Stored items from a collection:

◇ ◇ ◇ ◇ ◇

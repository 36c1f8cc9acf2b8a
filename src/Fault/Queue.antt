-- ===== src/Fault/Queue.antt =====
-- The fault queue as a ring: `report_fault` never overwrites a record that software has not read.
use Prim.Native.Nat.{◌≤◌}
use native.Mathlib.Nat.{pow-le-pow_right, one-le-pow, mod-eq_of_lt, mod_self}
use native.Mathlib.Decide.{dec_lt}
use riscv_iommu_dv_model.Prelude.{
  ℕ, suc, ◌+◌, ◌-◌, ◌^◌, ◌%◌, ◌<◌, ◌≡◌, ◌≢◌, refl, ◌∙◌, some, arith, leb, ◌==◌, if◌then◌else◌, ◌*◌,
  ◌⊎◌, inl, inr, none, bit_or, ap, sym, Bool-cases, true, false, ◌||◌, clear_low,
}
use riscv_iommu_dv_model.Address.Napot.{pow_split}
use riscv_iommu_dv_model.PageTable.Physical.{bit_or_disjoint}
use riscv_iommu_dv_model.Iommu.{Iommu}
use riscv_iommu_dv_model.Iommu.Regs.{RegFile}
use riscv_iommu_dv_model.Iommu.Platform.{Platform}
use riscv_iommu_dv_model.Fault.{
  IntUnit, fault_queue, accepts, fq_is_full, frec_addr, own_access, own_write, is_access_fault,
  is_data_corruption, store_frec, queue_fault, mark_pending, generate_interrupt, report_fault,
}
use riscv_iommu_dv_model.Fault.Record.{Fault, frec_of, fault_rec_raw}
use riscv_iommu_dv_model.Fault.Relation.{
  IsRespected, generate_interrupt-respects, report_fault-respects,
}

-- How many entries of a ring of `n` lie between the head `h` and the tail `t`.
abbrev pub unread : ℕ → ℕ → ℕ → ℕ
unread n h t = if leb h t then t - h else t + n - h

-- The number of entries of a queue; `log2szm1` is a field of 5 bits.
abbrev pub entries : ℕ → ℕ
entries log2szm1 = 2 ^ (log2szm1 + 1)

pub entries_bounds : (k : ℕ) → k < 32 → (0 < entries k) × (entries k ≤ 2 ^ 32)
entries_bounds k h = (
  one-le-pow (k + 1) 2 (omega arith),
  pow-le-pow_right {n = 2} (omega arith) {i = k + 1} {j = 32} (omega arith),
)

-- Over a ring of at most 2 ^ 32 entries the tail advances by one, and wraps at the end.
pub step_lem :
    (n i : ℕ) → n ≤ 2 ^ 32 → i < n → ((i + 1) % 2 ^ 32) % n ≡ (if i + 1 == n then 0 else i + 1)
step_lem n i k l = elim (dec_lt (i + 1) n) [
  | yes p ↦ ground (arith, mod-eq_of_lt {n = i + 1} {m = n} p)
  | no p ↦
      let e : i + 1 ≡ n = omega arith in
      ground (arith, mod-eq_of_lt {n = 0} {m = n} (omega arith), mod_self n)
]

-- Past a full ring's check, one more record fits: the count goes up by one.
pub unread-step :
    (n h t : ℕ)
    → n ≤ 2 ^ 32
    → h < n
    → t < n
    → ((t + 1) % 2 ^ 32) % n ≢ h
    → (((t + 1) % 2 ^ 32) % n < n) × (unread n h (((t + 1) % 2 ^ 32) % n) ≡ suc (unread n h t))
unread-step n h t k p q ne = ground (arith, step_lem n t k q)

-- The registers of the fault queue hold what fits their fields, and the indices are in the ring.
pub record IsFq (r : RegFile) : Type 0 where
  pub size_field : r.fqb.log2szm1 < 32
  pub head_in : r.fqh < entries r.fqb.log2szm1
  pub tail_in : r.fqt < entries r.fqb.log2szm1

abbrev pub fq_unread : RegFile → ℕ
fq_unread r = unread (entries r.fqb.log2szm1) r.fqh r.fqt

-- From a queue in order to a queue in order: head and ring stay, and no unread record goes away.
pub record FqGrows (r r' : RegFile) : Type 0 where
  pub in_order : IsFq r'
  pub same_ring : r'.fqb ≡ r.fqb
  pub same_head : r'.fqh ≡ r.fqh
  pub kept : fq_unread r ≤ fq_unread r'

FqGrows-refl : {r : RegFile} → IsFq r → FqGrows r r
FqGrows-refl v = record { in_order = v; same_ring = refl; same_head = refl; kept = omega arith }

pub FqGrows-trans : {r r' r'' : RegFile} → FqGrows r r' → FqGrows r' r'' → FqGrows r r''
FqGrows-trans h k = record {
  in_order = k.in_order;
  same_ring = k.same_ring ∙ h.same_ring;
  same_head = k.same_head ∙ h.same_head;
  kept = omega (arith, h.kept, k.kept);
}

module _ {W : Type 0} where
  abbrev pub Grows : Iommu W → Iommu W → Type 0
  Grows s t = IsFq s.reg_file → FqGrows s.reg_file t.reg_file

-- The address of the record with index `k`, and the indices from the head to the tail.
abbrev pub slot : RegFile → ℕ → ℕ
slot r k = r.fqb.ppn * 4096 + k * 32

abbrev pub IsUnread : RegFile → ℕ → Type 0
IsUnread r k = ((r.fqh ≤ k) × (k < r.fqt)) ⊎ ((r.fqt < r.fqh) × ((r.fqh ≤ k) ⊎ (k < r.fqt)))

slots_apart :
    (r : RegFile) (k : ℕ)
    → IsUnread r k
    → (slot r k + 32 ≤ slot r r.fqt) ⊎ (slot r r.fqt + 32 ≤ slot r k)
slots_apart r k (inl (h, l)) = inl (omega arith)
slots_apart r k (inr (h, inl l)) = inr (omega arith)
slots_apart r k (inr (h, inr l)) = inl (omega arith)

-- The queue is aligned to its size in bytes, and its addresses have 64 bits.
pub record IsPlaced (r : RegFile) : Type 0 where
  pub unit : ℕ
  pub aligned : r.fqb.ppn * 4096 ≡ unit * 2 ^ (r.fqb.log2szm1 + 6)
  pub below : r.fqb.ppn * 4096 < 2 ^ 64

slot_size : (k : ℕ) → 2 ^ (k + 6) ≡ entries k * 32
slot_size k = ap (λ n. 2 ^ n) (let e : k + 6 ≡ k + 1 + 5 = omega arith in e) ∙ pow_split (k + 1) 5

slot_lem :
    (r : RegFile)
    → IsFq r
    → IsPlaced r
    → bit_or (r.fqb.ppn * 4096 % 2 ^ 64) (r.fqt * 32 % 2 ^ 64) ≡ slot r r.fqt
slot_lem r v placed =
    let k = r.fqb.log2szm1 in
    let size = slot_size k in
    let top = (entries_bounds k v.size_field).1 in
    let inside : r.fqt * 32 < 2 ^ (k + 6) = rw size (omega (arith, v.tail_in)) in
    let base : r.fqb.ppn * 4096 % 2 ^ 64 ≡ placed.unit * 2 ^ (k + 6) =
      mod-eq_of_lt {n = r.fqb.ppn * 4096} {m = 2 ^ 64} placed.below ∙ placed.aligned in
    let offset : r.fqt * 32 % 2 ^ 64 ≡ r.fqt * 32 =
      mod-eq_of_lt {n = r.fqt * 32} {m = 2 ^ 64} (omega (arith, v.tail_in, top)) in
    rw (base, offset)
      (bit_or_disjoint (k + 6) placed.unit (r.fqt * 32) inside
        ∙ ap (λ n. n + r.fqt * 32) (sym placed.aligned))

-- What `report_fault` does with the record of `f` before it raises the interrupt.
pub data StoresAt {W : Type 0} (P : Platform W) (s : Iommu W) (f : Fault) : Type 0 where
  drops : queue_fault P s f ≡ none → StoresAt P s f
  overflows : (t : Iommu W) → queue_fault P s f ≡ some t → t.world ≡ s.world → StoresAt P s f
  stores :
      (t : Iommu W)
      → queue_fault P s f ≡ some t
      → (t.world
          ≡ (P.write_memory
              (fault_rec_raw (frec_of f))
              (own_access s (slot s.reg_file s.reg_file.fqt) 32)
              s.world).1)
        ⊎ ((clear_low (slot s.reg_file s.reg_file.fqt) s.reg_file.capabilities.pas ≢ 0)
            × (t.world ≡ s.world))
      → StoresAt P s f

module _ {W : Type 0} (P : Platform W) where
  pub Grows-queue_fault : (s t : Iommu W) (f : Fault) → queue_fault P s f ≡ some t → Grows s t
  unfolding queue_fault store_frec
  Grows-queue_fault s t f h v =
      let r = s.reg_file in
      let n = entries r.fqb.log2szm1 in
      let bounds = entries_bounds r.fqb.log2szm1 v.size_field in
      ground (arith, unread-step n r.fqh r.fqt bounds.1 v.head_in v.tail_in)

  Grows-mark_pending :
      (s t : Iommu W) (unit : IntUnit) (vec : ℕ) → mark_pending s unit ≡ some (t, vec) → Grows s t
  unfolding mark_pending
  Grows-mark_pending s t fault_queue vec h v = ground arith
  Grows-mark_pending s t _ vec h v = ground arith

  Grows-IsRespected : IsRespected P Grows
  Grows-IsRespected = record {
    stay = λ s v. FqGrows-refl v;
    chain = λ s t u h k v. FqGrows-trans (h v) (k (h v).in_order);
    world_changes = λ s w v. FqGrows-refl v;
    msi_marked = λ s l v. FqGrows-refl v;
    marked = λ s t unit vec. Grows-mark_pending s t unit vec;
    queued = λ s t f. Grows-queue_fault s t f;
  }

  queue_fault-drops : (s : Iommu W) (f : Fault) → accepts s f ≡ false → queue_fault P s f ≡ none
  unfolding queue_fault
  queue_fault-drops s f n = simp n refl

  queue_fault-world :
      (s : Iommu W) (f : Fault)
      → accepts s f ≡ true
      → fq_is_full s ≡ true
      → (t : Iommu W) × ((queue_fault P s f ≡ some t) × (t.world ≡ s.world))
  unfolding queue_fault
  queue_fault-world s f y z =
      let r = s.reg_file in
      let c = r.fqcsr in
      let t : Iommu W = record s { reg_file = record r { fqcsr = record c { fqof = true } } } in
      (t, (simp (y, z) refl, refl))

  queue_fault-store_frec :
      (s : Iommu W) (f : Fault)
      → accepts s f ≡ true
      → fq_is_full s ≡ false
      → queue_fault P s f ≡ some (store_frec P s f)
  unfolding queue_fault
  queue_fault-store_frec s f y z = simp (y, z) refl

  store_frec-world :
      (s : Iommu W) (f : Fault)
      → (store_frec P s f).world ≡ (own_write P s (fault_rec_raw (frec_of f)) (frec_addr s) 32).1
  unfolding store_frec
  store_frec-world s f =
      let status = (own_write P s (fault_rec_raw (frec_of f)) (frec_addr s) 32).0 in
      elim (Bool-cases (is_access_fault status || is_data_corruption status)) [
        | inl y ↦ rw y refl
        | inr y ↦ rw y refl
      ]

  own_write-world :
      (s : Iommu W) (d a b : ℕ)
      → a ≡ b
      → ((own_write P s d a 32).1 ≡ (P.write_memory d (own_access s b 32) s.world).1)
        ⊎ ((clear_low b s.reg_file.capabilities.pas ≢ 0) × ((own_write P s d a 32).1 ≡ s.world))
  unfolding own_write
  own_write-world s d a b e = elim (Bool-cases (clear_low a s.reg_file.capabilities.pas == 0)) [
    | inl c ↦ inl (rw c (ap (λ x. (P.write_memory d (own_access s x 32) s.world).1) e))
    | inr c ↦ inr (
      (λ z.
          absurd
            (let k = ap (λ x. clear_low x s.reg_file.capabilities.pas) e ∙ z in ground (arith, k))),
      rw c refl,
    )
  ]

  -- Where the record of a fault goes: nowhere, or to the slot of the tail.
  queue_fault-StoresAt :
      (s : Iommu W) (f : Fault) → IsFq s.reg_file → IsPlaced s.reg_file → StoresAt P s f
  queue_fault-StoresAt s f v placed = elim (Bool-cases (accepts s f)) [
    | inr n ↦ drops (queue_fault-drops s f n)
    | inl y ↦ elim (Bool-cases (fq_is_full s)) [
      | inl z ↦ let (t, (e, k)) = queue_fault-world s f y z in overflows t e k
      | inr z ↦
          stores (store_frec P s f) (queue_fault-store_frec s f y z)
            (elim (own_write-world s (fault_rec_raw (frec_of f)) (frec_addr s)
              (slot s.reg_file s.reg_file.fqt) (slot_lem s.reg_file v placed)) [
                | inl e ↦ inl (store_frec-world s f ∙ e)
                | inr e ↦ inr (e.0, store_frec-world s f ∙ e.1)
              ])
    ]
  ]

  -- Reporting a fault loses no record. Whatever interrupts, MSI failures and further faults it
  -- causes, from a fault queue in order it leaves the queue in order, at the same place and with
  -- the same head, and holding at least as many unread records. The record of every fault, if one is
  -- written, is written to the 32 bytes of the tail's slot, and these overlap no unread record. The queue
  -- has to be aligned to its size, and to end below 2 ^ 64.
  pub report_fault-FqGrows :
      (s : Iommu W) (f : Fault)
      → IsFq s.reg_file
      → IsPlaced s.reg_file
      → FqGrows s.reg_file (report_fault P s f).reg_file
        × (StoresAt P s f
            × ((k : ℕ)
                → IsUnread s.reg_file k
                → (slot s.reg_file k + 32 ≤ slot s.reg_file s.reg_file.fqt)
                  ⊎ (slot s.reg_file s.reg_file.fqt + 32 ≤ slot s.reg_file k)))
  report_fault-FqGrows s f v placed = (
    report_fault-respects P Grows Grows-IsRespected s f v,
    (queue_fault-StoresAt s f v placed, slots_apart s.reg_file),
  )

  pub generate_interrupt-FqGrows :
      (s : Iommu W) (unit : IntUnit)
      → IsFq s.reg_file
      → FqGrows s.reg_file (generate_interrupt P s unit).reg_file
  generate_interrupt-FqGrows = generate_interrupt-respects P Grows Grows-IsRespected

◇ ◇ ◇ ◇ ◇

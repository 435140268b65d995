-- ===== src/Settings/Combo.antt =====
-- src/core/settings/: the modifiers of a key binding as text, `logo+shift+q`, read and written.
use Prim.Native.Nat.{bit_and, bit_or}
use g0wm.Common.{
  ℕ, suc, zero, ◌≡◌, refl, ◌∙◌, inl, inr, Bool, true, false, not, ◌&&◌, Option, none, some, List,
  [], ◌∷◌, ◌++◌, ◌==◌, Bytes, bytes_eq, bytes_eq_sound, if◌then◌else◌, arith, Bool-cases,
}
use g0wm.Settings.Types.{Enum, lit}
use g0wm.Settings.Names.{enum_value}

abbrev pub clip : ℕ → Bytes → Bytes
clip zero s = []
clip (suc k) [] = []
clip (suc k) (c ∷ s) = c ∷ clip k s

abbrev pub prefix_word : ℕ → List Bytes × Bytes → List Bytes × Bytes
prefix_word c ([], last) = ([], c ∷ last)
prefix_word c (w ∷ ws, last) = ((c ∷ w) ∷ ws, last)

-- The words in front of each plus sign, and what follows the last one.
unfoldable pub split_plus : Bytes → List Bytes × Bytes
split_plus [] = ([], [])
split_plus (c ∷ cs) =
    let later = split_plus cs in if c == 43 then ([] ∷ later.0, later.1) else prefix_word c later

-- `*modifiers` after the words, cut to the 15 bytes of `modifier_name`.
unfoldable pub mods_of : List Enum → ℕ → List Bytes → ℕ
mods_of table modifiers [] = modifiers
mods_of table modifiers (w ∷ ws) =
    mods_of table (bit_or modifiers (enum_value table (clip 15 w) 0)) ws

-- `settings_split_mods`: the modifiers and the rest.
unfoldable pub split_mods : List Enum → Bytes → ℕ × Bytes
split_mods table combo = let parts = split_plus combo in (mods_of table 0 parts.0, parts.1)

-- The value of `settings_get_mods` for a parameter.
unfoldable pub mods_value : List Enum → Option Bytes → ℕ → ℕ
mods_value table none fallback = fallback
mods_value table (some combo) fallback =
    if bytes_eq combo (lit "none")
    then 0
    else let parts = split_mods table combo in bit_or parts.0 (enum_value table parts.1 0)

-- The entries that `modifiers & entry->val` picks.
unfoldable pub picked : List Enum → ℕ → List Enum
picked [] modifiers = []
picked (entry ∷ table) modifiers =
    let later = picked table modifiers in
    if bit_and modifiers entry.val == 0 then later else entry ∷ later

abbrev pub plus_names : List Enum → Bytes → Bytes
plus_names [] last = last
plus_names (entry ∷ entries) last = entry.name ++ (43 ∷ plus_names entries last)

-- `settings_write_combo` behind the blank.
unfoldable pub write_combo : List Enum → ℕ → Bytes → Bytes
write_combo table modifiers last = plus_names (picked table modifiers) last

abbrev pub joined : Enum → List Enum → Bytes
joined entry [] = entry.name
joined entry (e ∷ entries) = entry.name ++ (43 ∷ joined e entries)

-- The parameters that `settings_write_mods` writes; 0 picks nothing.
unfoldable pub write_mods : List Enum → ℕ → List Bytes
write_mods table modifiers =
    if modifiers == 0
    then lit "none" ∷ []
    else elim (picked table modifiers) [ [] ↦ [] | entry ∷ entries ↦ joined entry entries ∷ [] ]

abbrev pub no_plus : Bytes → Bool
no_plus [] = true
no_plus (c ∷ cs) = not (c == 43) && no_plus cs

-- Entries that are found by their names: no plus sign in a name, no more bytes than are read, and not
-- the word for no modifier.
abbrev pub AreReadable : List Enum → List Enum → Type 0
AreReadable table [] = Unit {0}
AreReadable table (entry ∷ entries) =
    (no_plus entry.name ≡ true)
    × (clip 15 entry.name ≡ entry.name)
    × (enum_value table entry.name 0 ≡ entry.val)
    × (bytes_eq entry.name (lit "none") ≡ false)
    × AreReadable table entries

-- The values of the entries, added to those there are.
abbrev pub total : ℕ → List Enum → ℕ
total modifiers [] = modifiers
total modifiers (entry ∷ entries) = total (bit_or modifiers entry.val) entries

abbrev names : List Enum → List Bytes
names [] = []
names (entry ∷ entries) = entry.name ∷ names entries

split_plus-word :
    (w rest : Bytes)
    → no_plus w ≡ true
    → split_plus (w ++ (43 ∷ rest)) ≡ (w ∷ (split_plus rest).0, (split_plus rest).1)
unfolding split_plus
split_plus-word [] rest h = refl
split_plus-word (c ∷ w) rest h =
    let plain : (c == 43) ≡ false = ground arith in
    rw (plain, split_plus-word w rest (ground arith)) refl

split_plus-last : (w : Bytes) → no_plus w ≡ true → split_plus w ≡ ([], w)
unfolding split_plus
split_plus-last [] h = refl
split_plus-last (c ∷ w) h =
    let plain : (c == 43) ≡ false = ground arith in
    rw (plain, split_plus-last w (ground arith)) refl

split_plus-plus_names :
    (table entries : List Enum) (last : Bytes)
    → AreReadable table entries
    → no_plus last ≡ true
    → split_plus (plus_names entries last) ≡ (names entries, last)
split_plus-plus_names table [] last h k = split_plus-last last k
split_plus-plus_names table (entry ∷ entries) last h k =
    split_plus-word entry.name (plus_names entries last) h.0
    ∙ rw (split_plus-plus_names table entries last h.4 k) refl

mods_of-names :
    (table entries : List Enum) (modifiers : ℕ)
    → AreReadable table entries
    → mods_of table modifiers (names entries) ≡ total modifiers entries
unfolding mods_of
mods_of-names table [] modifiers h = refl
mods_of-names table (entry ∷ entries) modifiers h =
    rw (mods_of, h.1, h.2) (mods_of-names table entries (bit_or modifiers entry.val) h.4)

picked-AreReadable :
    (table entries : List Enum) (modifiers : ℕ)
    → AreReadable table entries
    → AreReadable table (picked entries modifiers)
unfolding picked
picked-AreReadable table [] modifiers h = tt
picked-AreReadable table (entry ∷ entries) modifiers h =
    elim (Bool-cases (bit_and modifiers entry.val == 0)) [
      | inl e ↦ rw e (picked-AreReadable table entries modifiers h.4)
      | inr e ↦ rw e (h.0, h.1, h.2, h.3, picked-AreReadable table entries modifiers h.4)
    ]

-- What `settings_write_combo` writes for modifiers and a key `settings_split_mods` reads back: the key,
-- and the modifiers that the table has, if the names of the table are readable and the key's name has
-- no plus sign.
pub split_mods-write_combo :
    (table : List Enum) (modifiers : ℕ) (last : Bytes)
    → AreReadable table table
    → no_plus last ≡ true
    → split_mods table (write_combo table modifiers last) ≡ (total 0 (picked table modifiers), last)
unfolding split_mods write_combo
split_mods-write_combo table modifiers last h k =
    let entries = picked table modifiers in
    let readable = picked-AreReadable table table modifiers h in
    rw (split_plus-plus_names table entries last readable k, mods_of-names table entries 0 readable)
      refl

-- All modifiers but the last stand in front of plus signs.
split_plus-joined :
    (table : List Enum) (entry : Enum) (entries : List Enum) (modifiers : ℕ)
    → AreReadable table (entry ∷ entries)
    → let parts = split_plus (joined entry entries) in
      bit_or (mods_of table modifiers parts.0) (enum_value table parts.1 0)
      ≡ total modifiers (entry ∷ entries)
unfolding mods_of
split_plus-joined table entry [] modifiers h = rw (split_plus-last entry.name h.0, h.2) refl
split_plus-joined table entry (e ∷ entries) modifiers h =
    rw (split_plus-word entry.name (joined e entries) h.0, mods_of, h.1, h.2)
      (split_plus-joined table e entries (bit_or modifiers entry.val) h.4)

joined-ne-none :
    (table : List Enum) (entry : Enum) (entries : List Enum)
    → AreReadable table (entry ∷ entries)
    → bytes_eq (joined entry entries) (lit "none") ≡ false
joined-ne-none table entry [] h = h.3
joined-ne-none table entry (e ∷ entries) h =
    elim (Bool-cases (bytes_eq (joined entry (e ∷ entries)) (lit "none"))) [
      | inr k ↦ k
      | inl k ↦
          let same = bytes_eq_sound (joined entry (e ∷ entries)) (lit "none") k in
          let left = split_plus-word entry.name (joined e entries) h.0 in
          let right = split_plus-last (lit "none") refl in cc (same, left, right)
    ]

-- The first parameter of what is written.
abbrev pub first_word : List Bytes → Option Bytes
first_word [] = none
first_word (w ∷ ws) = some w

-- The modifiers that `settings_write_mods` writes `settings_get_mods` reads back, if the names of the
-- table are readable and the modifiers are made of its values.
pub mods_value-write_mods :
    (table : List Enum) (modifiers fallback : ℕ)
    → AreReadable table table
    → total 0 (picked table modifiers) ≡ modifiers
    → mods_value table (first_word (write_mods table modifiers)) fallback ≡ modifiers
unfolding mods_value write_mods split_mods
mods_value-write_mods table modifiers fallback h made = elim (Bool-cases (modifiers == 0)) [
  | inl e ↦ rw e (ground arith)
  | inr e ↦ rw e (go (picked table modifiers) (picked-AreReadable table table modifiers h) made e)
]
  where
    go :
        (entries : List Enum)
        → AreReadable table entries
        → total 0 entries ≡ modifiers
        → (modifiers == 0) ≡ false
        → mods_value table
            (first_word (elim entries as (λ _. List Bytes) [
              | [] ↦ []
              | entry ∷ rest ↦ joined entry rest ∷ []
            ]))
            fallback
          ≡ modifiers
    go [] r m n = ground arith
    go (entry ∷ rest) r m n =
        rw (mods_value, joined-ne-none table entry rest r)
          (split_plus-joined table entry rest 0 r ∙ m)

◇ ◇ ◇ ◇ ◇

» **THE TASK**: Every line above from the line with "abbrev pub prefix_word" to the line with "unfoldable pub split_plus", both included, must be reproduced exactly, and no other line may appear.

» **TASK SOLUTION**:
abbrev pub prefix_word : ℕ → List Bytes × Bytes → List Bytes × Bytes
prefix_word c ([], last) = ([], c ∷ last)
prefix_word c (w ∷ ws, last) = ((c ∷ w) ∷ ws, last)

-- The words in front of each plus sign, and what follows the last one.
unfoldable pub split_plus : Bytes → List Bytes × Bytes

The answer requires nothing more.